Scan the following material for the string "false" and copy each line in which it appears.

======== RECORDS FOR THE EXERCISE ========

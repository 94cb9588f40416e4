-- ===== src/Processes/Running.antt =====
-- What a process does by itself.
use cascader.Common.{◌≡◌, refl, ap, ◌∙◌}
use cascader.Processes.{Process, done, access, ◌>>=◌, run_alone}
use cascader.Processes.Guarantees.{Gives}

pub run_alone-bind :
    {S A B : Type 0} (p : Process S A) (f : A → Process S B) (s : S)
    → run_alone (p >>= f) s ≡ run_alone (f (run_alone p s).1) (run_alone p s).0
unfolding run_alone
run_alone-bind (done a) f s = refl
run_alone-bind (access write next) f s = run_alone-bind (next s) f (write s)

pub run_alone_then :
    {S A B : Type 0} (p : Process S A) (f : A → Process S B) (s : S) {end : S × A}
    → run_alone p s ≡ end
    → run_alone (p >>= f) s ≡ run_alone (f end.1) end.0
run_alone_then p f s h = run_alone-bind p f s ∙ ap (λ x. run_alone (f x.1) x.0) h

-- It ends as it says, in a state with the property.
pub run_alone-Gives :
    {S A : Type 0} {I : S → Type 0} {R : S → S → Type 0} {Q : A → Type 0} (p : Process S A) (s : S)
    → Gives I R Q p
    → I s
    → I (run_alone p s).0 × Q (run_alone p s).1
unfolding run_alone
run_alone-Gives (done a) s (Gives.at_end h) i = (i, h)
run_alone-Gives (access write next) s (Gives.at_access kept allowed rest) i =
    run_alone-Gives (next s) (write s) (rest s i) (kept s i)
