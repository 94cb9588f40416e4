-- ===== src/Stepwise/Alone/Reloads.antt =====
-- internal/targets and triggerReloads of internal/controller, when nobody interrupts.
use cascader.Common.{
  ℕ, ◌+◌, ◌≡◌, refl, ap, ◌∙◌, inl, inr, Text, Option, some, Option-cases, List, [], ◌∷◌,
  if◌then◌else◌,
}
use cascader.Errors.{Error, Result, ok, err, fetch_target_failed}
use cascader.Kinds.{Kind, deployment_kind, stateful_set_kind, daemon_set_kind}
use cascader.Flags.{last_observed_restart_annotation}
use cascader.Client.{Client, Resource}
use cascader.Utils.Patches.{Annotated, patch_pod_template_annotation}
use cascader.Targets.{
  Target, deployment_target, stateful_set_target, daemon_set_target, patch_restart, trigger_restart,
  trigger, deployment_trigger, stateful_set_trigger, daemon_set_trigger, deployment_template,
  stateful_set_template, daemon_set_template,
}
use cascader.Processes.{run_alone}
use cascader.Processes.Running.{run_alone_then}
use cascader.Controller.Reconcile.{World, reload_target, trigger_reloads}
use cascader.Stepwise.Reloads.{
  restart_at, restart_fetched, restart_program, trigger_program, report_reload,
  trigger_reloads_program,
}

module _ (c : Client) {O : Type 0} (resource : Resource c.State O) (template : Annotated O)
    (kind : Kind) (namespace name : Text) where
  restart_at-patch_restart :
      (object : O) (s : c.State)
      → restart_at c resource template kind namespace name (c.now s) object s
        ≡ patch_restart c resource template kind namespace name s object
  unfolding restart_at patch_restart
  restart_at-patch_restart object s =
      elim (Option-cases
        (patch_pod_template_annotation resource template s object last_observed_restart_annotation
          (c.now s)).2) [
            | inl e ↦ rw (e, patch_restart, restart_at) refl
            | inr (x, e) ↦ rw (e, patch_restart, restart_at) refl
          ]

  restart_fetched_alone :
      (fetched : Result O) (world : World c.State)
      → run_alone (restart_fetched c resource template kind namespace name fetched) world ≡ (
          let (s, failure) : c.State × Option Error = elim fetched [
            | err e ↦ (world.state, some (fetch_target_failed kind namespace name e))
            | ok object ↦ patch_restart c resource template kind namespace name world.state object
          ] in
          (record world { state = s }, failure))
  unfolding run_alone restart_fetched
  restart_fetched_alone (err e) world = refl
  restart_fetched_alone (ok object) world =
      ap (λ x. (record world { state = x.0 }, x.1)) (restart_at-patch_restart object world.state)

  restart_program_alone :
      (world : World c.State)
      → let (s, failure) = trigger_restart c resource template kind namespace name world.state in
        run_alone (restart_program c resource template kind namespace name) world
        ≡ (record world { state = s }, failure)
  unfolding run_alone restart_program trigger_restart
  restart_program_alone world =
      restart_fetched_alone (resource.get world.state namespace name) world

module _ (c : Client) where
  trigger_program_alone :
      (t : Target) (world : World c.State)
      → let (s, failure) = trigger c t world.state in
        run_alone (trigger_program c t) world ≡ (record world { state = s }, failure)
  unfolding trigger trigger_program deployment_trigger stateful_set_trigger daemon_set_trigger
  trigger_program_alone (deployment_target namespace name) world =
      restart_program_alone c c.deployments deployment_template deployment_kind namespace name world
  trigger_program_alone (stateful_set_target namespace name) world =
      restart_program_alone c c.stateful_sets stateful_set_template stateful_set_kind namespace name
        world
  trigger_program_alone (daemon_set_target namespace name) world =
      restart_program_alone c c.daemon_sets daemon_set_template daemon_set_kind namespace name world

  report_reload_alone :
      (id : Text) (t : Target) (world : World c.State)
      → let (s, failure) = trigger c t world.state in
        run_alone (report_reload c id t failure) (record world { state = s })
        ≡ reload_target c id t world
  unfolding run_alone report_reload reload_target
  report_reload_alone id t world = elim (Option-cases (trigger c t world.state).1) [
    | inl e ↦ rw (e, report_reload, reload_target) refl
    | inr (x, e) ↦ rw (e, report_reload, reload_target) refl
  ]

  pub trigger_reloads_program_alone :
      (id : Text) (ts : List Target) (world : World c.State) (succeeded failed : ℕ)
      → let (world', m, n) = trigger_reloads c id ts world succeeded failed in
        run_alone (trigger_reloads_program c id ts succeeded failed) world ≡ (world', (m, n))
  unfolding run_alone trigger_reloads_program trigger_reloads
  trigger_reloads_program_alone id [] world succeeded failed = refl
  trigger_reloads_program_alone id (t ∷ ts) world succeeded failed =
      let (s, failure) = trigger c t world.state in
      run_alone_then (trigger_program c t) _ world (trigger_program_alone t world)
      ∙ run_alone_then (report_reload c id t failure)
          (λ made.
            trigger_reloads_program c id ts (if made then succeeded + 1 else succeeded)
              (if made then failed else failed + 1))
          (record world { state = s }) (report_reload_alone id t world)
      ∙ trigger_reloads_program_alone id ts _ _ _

========
======== RECORDS FOR THE EXERCISE ========

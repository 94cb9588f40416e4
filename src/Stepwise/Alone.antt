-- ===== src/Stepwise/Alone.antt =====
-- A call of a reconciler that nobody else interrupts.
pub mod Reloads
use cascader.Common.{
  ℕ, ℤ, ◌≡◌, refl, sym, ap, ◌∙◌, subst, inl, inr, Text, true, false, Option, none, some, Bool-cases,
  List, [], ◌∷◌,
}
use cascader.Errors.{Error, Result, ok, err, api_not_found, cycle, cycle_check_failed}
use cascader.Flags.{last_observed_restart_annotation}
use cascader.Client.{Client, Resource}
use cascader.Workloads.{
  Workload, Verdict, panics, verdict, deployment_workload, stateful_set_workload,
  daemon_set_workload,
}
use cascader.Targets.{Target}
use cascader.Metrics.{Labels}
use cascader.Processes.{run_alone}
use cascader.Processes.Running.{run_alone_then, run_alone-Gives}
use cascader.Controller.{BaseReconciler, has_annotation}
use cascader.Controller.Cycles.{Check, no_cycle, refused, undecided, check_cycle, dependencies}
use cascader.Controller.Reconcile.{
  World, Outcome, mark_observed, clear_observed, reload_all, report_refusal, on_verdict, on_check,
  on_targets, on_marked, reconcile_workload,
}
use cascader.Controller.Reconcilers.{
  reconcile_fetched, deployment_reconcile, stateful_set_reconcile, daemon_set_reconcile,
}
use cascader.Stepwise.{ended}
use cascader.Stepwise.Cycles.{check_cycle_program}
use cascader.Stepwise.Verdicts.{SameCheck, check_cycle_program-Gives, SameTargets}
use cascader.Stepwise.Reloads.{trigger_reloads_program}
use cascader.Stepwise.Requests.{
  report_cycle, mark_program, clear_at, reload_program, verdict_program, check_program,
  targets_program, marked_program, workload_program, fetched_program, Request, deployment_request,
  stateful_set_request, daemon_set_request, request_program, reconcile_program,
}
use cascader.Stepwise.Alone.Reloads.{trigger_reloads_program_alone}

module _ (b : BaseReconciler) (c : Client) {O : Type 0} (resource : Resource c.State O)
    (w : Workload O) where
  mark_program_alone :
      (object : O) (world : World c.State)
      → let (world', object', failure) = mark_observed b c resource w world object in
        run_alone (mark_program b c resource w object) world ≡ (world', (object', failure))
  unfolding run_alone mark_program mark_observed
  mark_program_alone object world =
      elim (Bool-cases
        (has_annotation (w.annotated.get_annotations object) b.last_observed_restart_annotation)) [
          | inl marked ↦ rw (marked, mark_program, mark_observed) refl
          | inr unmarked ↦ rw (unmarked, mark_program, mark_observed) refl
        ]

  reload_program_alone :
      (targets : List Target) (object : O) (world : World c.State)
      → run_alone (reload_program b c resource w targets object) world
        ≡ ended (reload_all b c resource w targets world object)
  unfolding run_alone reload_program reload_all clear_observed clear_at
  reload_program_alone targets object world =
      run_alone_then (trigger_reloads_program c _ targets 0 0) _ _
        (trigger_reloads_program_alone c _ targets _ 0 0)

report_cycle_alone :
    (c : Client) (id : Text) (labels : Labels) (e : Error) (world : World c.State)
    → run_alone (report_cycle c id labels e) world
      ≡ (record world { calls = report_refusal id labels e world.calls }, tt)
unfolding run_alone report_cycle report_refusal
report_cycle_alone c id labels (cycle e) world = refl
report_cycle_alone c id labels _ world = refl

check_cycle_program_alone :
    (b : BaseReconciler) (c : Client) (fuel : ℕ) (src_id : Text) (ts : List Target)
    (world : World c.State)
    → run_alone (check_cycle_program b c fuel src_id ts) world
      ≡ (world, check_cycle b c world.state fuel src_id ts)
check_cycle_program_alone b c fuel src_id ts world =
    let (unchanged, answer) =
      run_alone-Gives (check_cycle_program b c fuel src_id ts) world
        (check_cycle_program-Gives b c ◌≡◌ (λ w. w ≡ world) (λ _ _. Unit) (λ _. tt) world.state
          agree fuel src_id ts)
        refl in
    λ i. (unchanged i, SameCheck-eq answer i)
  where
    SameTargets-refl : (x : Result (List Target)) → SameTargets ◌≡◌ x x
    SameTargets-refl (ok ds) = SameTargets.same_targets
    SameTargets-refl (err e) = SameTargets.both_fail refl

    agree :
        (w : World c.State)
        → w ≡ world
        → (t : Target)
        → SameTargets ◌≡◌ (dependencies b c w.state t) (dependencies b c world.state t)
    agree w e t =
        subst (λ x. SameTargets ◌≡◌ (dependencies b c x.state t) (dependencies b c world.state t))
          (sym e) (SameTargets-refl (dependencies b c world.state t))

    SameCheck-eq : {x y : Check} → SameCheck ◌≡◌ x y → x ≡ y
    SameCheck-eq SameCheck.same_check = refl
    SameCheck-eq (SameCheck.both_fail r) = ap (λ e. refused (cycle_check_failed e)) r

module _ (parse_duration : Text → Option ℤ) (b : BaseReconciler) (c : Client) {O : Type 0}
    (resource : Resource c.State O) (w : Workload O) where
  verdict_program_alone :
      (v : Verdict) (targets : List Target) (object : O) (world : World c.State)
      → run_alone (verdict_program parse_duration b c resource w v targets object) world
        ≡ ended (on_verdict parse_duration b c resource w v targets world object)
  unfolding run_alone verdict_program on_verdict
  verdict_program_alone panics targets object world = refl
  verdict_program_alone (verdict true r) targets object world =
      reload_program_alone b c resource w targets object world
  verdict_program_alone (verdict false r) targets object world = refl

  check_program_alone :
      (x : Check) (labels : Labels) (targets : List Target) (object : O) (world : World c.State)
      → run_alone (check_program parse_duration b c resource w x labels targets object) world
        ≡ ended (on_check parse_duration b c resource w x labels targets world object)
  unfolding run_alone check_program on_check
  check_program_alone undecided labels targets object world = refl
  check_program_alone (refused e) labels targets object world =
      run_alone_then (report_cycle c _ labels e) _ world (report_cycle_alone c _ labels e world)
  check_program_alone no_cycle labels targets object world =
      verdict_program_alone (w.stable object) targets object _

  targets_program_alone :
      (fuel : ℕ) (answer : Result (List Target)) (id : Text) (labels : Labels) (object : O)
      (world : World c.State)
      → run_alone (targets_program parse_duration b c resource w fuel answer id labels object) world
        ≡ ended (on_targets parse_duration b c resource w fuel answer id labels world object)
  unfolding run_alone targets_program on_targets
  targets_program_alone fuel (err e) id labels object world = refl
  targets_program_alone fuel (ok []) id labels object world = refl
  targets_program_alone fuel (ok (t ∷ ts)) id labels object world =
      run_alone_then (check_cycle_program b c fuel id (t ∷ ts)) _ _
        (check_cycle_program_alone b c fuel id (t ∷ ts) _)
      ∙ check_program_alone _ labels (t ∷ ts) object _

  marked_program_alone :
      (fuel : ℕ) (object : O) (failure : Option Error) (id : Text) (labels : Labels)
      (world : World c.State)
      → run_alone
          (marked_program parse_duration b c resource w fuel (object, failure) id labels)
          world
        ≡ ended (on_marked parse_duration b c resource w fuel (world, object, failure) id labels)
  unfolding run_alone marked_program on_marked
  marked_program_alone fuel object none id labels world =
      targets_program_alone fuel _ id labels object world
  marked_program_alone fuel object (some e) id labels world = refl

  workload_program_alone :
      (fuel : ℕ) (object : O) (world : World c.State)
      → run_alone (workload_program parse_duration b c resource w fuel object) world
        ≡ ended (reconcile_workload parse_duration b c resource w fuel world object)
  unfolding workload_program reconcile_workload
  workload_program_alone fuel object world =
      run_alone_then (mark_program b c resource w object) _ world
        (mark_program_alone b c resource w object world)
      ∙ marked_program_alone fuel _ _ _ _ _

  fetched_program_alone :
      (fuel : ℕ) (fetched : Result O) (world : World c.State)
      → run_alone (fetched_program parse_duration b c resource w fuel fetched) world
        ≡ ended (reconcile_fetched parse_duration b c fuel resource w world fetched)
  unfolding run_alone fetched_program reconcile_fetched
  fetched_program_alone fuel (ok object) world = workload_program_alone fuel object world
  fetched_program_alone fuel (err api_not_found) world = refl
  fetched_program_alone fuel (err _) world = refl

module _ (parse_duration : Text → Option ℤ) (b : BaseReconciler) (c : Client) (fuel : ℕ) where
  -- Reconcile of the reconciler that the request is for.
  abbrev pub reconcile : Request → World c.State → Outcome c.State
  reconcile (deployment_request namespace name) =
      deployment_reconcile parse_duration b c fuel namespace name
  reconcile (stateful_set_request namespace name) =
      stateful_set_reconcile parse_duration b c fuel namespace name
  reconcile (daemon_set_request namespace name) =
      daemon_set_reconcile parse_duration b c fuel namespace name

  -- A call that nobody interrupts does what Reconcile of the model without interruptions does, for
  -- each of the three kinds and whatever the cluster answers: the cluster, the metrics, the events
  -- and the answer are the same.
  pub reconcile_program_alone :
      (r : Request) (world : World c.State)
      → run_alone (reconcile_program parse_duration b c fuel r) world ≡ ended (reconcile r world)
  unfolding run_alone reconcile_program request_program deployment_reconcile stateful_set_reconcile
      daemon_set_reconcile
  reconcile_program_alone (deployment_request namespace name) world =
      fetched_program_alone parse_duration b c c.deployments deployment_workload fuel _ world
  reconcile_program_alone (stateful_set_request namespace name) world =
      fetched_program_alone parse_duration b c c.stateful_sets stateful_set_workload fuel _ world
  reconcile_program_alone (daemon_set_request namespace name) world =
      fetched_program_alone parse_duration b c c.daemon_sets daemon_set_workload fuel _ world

========

TASK RESULT.
  ℕ, ℤ, ◌≡◌, refl, sym, ap, ◌∙◌, subst, inl, inr, Text, true, false, Option, none, some, Bool-cases,
  verdict_program_alone (verdict false r) targets object world = refl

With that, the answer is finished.